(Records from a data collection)

┄┄┄┄┄┄

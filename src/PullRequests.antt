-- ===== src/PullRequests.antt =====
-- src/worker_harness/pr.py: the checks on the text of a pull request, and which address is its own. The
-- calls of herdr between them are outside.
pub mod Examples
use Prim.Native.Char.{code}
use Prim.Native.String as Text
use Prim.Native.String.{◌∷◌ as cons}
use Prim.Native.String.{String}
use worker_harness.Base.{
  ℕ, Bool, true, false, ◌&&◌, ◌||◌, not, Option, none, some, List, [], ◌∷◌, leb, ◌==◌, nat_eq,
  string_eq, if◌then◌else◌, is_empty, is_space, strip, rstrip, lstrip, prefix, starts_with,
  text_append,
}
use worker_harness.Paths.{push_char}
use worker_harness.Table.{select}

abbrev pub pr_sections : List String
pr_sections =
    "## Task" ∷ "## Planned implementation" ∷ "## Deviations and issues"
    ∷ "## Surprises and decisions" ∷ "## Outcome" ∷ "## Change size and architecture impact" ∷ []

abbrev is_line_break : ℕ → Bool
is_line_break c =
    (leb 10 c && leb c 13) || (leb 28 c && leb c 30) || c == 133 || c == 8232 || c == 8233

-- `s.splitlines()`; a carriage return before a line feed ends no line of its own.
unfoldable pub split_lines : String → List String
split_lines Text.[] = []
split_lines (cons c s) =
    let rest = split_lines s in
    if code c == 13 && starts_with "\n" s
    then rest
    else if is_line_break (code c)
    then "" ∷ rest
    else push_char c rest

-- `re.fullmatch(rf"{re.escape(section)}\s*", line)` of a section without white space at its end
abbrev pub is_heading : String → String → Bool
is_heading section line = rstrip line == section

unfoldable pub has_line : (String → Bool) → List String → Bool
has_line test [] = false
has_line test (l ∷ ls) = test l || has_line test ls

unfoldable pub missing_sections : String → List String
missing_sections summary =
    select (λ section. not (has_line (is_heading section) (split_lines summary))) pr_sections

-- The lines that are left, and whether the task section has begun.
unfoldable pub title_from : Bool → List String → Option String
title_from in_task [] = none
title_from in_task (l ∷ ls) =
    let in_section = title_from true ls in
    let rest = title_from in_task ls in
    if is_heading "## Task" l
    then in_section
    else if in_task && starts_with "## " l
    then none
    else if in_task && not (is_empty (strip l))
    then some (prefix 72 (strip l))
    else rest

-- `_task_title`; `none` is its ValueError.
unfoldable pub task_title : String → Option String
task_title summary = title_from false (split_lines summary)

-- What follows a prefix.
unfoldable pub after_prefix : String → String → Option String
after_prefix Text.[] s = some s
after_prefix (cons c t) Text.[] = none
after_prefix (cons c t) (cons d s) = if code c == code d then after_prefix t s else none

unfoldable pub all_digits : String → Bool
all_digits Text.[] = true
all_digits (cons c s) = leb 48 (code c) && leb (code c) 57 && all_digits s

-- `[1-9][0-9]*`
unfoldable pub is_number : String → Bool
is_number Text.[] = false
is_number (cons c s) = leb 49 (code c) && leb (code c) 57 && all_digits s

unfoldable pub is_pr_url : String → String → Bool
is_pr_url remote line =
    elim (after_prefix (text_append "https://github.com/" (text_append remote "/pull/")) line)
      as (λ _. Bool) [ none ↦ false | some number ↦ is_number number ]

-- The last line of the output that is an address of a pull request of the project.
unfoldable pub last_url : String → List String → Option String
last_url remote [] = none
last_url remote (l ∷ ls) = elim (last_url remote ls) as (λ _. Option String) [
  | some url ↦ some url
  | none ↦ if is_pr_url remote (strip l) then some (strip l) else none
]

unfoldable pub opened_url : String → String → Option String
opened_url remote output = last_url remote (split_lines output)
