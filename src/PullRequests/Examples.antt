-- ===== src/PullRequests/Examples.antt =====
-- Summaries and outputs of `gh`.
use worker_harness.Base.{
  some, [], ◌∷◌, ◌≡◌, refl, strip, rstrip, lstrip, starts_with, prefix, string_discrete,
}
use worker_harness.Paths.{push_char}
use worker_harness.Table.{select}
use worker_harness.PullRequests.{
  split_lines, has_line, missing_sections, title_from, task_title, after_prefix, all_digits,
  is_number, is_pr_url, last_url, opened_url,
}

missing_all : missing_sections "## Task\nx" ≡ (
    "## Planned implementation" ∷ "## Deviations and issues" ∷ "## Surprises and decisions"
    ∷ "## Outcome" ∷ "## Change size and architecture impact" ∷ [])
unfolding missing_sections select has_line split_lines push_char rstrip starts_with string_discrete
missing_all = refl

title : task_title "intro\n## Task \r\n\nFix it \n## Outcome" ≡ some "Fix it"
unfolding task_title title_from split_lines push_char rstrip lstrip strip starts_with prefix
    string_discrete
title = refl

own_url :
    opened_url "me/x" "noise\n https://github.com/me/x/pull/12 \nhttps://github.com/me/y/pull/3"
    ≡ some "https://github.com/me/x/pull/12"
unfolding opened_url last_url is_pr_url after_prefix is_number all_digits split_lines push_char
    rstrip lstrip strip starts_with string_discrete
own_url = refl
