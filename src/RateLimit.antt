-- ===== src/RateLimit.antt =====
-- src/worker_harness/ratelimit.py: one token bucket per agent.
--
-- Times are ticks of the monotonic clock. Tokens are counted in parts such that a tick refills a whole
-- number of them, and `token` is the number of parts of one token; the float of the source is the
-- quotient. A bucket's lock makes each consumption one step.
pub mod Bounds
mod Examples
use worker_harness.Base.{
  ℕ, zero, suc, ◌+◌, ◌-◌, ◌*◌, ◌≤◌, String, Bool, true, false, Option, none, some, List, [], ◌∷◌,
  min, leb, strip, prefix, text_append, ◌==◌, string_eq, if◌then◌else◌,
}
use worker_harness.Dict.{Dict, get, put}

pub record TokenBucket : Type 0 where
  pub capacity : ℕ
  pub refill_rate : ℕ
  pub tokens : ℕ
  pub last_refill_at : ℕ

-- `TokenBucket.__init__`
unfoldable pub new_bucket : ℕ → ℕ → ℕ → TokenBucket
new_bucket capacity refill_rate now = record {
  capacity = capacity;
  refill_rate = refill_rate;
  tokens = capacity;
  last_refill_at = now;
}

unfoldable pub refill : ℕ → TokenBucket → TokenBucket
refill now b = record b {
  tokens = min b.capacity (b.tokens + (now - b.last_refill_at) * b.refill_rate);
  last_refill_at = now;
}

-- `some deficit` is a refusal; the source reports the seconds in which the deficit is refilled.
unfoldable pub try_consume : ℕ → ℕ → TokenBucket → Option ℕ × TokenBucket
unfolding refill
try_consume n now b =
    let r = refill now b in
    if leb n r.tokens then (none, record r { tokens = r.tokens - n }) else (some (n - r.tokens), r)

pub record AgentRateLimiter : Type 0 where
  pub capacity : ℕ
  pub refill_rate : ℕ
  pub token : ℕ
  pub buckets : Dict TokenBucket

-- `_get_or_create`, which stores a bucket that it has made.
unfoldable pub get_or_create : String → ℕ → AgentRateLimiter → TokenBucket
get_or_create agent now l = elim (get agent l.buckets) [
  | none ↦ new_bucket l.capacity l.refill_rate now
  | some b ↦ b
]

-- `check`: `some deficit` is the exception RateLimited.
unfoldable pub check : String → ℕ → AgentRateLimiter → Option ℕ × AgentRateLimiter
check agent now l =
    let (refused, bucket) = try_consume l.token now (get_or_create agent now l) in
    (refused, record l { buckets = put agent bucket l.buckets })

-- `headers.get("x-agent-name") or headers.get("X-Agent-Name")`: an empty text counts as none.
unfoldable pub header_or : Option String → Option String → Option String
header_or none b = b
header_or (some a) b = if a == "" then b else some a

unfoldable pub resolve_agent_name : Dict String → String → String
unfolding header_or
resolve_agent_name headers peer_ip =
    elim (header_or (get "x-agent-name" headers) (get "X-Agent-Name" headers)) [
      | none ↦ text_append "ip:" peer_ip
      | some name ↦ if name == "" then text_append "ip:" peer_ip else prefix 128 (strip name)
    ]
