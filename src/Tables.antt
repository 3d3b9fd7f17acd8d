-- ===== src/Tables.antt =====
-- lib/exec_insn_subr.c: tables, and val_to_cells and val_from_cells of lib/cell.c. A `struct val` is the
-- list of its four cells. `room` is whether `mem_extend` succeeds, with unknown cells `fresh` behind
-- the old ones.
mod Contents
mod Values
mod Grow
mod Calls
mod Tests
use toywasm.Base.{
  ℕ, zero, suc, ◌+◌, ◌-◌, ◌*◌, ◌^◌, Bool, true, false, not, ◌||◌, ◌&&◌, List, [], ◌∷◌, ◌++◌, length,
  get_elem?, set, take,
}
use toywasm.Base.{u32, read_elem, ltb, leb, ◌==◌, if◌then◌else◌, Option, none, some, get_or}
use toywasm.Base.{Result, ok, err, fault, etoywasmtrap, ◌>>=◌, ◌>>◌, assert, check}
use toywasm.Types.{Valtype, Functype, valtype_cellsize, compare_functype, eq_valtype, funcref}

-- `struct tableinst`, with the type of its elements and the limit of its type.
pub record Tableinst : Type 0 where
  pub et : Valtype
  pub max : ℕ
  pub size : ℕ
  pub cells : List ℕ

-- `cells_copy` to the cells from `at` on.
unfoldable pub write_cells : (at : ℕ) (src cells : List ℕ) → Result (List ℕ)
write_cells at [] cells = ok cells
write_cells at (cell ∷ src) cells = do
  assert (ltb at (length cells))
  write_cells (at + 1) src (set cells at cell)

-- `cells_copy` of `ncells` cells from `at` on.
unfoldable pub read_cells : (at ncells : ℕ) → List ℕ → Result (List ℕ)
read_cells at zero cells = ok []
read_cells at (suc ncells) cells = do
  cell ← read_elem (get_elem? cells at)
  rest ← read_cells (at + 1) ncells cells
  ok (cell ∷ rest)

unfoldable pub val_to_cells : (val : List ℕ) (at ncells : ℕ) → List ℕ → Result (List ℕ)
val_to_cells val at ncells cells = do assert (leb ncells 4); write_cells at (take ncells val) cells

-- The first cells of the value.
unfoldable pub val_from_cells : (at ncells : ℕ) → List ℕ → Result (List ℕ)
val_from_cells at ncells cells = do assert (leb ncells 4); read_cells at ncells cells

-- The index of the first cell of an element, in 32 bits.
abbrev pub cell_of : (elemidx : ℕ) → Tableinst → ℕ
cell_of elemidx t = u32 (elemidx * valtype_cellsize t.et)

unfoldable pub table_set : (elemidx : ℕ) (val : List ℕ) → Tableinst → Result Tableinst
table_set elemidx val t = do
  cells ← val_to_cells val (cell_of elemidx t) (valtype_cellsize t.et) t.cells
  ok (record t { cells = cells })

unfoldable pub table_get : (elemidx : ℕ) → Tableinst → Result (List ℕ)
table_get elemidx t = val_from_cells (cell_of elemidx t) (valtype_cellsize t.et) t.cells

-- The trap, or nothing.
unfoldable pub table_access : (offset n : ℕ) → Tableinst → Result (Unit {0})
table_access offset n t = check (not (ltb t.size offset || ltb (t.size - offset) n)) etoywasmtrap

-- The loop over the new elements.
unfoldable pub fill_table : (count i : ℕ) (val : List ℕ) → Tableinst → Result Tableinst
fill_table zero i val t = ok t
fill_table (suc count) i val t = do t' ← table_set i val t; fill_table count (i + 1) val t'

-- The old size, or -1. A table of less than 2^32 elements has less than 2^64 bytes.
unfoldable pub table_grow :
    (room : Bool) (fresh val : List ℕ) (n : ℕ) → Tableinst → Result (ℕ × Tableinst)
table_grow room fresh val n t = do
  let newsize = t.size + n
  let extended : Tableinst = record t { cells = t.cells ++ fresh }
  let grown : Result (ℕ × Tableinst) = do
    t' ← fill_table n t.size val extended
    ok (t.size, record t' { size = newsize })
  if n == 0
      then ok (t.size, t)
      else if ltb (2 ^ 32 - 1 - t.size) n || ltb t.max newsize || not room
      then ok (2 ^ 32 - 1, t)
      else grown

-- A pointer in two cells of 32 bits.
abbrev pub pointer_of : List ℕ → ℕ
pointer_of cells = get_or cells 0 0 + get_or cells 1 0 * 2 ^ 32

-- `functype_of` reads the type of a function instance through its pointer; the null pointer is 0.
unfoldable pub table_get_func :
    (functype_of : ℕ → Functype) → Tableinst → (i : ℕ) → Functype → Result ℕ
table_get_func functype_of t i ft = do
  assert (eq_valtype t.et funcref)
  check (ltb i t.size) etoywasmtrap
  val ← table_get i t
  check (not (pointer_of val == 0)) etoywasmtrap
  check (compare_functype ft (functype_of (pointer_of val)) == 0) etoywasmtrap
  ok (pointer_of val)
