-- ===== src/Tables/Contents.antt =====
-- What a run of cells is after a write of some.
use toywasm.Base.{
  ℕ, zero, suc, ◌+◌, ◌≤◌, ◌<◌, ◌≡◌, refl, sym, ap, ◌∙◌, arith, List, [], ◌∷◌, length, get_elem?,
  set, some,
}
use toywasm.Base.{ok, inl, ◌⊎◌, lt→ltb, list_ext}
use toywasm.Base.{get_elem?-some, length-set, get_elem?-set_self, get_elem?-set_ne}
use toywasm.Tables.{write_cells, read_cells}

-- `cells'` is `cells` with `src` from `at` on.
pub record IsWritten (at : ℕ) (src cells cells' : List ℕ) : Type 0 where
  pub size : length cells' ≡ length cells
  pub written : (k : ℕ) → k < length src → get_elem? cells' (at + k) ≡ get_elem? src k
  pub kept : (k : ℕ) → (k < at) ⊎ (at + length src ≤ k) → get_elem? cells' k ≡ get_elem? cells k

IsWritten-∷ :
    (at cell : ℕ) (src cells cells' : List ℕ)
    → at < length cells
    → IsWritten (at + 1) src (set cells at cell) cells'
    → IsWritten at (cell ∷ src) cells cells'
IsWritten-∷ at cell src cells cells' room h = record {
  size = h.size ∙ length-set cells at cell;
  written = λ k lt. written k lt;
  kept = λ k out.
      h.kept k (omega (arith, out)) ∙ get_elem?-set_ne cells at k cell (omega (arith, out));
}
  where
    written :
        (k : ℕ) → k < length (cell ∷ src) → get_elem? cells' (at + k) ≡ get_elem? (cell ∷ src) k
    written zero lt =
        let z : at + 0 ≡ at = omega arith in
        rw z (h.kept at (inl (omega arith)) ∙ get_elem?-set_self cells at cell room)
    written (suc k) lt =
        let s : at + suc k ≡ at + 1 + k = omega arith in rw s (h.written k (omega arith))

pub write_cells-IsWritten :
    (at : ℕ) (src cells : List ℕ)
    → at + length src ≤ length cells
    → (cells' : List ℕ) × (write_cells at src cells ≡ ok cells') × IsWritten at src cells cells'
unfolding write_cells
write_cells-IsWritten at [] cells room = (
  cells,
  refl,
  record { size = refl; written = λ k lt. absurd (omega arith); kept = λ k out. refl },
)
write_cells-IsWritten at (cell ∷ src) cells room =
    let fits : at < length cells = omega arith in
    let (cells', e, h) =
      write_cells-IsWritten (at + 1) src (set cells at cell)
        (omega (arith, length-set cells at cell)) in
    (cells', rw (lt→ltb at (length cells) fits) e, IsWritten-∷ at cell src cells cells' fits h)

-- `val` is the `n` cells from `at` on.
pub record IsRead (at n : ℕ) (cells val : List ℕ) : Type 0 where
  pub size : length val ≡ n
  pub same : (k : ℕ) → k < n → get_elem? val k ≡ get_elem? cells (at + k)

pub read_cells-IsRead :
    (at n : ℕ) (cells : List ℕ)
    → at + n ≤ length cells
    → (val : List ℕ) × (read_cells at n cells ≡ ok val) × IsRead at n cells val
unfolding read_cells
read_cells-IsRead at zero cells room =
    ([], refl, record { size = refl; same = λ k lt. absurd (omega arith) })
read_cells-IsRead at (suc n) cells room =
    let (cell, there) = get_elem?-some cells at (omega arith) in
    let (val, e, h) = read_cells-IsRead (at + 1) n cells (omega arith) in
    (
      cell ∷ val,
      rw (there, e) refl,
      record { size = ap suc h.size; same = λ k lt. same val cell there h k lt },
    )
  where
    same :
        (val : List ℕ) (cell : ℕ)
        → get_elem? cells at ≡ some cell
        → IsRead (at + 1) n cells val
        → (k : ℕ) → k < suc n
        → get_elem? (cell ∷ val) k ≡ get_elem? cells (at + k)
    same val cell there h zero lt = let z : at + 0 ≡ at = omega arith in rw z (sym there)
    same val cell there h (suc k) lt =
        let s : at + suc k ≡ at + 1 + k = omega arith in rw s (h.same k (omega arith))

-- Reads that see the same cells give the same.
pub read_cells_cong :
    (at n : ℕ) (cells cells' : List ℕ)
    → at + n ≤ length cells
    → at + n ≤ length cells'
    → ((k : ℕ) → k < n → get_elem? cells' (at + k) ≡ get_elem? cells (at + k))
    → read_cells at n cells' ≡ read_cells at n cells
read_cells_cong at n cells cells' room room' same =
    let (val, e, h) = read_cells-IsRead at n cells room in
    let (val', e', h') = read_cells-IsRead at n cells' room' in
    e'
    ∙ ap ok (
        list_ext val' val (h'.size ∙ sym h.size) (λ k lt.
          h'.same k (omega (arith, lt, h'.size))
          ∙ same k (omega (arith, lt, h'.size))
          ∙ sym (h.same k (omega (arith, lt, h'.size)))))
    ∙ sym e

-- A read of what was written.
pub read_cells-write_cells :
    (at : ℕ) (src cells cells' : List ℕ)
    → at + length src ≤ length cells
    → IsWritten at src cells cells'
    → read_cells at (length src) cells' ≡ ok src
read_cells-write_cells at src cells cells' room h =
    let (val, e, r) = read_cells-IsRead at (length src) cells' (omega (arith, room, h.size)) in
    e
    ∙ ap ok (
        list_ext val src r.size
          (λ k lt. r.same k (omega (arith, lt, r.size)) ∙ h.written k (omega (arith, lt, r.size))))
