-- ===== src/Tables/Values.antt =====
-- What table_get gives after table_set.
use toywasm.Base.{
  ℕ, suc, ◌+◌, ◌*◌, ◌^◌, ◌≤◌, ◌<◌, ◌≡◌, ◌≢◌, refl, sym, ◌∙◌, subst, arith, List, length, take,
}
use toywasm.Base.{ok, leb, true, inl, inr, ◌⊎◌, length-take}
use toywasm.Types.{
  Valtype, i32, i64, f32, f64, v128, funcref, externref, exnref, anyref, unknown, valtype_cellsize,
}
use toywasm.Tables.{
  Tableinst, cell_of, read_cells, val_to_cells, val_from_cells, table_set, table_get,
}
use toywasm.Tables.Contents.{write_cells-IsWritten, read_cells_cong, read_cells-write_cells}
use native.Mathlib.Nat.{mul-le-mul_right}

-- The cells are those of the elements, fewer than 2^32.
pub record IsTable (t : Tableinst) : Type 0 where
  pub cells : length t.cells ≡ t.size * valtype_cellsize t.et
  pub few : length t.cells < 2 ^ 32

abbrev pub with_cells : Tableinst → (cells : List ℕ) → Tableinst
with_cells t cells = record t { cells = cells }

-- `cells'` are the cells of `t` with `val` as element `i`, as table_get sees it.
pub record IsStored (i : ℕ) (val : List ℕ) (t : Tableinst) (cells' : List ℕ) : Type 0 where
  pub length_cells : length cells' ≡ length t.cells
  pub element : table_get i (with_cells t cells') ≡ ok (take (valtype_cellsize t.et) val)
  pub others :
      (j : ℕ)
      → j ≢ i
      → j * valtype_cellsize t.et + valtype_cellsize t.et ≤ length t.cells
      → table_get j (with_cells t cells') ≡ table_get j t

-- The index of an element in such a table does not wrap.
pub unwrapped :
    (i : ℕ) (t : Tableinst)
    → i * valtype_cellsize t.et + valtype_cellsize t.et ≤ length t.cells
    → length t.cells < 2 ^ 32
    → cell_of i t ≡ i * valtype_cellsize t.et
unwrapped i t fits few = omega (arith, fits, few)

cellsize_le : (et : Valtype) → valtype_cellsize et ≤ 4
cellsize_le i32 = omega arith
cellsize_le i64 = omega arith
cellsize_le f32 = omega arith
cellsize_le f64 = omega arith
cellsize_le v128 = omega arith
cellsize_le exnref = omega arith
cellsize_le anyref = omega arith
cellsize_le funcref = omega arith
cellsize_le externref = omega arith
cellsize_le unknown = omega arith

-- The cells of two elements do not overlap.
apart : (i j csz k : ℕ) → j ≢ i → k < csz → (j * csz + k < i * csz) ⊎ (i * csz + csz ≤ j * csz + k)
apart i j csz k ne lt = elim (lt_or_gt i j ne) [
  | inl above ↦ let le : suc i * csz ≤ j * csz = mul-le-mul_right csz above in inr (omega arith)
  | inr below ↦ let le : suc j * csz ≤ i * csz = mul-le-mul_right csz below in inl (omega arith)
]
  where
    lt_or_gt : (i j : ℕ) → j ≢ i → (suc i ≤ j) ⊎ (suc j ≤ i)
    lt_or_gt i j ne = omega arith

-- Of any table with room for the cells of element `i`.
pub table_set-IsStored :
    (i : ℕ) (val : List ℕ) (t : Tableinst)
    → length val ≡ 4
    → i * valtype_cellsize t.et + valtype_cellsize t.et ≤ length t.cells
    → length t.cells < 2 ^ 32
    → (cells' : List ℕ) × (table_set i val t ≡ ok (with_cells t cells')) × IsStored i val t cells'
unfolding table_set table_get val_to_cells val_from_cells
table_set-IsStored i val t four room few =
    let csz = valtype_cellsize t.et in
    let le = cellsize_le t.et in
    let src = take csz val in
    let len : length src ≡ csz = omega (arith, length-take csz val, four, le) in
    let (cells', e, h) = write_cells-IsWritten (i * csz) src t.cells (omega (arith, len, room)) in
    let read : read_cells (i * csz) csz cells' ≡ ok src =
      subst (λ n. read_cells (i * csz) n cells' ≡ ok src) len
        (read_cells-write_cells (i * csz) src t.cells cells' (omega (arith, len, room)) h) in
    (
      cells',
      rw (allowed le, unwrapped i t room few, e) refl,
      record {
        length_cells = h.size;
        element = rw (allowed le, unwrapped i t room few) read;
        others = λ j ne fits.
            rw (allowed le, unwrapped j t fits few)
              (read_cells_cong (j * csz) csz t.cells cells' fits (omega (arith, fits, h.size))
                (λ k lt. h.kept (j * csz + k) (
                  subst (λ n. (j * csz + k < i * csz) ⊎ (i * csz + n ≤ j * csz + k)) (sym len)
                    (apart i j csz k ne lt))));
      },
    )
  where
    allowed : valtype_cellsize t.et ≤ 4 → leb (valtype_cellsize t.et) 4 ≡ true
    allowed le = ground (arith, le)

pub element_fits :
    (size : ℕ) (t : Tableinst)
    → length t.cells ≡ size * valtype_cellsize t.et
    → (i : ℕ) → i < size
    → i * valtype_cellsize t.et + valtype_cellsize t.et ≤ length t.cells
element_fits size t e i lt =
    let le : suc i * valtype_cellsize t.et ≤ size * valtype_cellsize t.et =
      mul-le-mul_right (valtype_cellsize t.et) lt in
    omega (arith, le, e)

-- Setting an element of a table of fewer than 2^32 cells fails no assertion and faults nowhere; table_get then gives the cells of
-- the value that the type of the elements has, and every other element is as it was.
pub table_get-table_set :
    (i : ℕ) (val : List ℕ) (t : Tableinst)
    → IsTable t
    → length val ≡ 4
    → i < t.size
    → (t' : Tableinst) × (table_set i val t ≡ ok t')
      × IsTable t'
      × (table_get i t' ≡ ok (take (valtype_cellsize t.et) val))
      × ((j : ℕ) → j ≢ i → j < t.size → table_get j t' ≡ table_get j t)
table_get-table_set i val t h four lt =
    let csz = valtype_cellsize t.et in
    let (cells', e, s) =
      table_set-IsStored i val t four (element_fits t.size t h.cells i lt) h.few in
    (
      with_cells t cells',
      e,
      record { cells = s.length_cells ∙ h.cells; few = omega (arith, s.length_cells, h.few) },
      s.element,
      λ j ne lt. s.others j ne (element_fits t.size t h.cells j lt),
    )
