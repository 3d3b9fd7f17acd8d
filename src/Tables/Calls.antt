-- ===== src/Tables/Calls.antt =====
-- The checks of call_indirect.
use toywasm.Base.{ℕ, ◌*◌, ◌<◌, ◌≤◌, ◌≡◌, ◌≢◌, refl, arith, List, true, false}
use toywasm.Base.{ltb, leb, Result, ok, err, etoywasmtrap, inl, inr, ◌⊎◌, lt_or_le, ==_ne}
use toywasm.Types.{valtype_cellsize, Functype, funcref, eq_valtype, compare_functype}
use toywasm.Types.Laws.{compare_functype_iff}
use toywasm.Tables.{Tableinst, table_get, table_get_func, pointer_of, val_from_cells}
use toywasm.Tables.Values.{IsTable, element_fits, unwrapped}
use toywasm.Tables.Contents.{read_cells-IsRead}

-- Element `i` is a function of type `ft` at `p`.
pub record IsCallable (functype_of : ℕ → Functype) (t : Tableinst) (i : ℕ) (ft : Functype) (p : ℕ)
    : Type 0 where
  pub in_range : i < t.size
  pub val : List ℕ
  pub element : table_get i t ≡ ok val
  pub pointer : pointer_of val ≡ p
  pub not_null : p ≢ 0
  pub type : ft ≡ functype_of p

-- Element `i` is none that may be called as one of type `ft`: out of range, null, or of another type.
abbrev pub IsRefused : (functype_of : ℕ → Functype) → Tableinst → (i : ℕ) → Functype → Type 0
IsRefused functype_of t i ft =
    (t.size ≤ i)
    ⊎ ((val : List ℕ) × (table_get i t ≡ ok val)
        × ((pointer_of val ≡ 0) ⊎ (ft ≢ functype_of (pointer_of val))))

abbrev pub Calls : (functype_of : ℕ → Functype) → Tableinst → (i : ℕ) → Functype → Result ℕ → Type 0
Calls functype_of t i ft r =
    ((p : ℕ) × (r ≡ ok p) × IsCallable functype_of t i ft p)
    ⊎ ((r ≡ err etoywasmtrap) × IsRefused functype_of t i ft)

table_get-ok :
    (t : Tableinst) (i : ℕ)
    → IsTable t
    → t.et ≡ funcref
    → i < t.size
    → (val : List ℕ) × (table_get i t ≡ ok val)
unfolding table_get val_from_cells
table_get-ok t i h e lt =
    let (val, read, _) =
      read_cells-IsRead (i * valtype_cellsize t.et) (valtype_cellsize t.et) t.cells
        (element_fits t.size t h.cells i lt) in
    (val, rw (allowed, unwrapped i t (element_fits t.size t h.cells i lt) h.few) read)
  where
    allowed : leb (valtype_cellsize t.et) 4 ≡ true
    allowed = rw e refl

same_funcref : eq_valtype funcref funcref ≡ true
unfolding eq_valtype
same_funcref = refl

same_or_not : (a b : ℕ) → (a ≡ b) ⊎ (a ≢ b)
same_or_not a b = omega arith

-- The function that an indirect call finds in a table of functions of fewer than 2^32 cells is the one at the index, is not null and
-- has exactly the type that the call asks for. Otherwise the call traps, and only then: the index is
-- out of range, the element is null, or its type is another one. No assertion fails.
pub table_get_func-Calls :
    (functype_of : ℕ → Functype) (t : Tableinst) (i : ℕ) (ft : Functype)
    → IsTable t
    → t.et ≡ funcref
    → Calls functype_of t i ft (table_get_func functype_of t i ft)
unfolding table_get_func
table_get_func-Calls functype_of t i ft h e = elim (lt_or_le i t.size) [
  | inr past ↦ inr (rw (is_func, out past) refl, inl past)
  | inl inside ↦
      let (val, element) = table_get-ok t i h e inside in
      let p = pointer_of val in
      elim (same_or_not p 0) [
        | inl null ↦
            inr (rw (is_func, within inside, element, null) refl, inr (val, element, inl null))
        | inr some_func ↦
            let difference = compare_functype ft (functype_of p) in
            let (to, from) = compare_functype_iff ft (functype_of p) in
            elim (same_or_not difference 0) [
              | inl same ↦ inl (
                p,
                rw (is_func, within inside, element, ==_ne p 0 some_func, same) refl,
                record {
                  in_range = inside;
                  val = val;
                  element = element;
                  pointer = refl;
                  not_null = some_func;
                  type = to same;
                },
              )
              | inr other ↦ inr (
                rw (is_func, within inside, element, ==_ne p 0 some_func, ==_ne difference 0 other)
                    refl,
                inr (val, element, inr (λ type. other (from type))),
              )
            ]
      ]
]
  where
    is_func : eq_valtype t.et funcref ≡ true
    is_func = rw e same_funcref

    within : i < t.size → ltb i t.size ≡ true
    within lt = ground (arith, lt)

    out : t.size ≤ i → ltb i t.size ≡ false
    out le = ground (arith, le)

┄┄┄┄┄┄

Task statement :: Check each line above for the string "Contents" and show the ones that have it.

Problem solution ::
mod Contents
-- ===== src/Tables/Contents.antt =====
use toywasm.Tables.Contents.{write_cells-IsWritten, read_cells_cong, read_cells-write_cells}
use toywasm.Tables.Contents.{read_cells-IsRead}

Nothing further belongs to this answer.